┌──
-- ===== src/Lib.antt =====
-- Cyber RT, the runtime of the repository: a verification library of its core logic.
--
-- A component (cyber/component) reads its channels through a DataVisitor, whose CacheBuffers the
-- DataDispatcher fills, with several channels joined by AllLatest (cyber/data). Timers hang their tasks
-- into one TimingWheel (cyber/timer). Processes on one host exchange messages in blocks of a shared
-- memory Segment, laid out by ShmConf and guarded by a lock per Block (cyber/transport/shm). Nodes find
-- each other through topology managers, whose Graph joins the writers of a channel to its readers
-- (cyber/service_discovery). Readers in one process share a Blocker for each channel (cyber/blocker).
-- A component's work is a routine (cyber/croutine) that the processors of the scheduler run when a message
-- has come (cyber/scheduler); threads pass work through lock-free queues (cyber/base). Messages are
-- recorded to files in chunks, which a thread of its own writes out (cyber/record).
--
-- Files and the code that they model:
--   Prelude            tests, wrap-around, lists, remainders, signed counters; no code of its own
--   Data/Buffer        cyber/data/cache_buffer.h: `store` and `fill` are Fill, `at` is at, `full` Full
--   Data/Channel       cyber/data/channel_buffer.h: `fetch`, `latest`, `fetch_multi`
--   Data/Visitor       cyber/data/data_visitor.h: `try_fetch` is TryFetch of the one-channel visitor
--   Data/Dispatch      cyber/data/data_dispatcher.h and data_notifier.h: `dispatch` is Dispatch, `attach` the
--                      constructor of a one-channel visitor, `happen` a call of any of them
--   Data/Fusion        cyber/data/fusion/all_latest.h: `fuse` is the callback, `fusion` is Fusion
--   Timer/Wheel        cyber/timer/timing_wheel.cc: `tick`, `add_task`, `cascade`; `run` takes the
--                      steps of a round of TickFunc one by one
--   Timer/Control      cyber/timer/timer.cc: `start`, `stop`, `init_timer_task`, `reschedule`
--   Shm/Conf           cyber/transport/shm/shm_conf.cc: `update` is Update
--   Shm/Block          cyber/transport/shm/block.cc: `act` is one atomic step of the lock functions
--   Discovery/Keys     strings and hash maps with string keys
--   Discovery/Graph    cyber/service_discovery/container/graph.cc: `insert`, `delete`,
--                      `level_traverse`, `get_direction_of`
--   Discovery/Role     cyber/service_discovery/role/role.cc: `match` is Match
--   Discovery/Warehouse  cyber/service_discovery/container: `Multi` is multi_value_warehouse.cc and
--                      `Single` single_value_warehouse.cc
--   Discovery/Manager  cyber/service_discovery/specific_manager/manager.cc: `join`, `leave`,
--                      `on_remote_change`; Channels, Nodes and Services beside it are channel_manager.cc,
--                      node_manager.cc and service_manager.cc: `dispose`, `on_topo_module_leave`
--   Blocker            cyber/blocker/blocker.h: `publish`, `observe`, `set_capacity`; `Blocker/Range`
--                      the iterators of cyber/blocker/intra_reader.h
--   Blocker/Manager    cyber/blocker/blocker_manager.h: `publish_channel`, `subscribe_channel`;
--                      Blocker/Reader the calls of cyber/blocker/intra_reader.h
--   History            cyber/transport/message/history.h: `add`, `get_cached_message`
--   Base/Bounded       cyber/base/bounded_queue.h: `move` is one atomic step of Enqueue and Dequeue, `run`
--                      any interleaving of threads, each of which is a numbered phase
--   Base/RwLock        cyber/base/atomic_rw_lock.h: `act` is one atomic step of the four functions
--   Scheduler/Routine  cyber/croutine/croutine.h with the threads of cyber/scheduler that share a routine:
--                      `move` is one step of Processor::Run, NotifyProcessor or RemoveCRoutine
--   Scheduler/Classic  cyber/scheduler/policy/classic_context.cc: `next_routine` is NextRoutine, as one step
--   Record             cyber/record: Record/Writer is file/record_file_writer.cc, where a call of
--                      WriteMessage and a pass of Flush are steps in any order; Record/Reader is
--                      record_reader.cc over file/record_file_reader.cc; Record/File the sections of
--                      both; Record/Segments is record_writer.cc. Record/Plan is a writer without bytes,
--                      for the proofs
--   Messages           cyber/transport/message/message_info.cc and cyber/transport/shm/readable_info.cc:
--                      `serialize_…` is SerializeTo, `deserialize_…` DeserializeFrom
-- The modules below a component's module hold its proofs; Tests modules hold runs and the theorems at
-- concrete inputs.
--
-- Conventions. A uint64_t is a natural number, with its wrap-around written out; theorems that need it
-- bound the number of messages or rounds. An output parameter that a call leaves alone is `none`. A
-- mutex makes a call one step; atomics are separate steps of numbered threads in any order, as with
-- sequentially consistent atomics. A counter of holders of a lock is a signed 32-bit number that wraps,
-- and the theorems about it bound the number of threads. A weak pointer is a key into a heap. The order of a hash map's entries
-- under one key is that of their arrival here, and theorems speak of multisets where it is left open.
-- The files of a recording are a list in which a file stands with the number in its name. A file is its bytes and a
-- position; writes to it succeed, and protocol buffers are a codec for each message, of which a
-- theorem asks that it parses what it has serialised. Loops are recursions on their list, or on fuel:
-- as many rounds as the loop can make, and one more where the last test needs one (FetchMulti,
-- LevelTraverse, the loops that cut the queues of Blocker and History); as many rounds as the file has
-- bytes, each of which reads a section, for the loops of RecordReader. The theorems state the whole
-- result, so the fuel is enough.
--
-- Not modelled: the asynchronous run of callbacks, sleeping and clocks, protocol buffers, FastRTPS, the
-- operating system, and the parts of the repository that the modules above do not name.
pub mod Prelude
pub mod Data
pub mod Timer
pub mod Shm
pub mod Discovery
pub mod Blocker
pub mod History
pub mod Messages
pub mod Base
pub mod Scheduler
pub mod Record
└──
Give exactly the lines from the one with "pub mod Shm" to the end of the entries, nothing before them.

__Exercise output__.
pub mod Shm
pub mod Discovery
pub mod Blocker
pub mod History
pub mod Messages
pub mod Base
pub mod Scheduler
pub mod Record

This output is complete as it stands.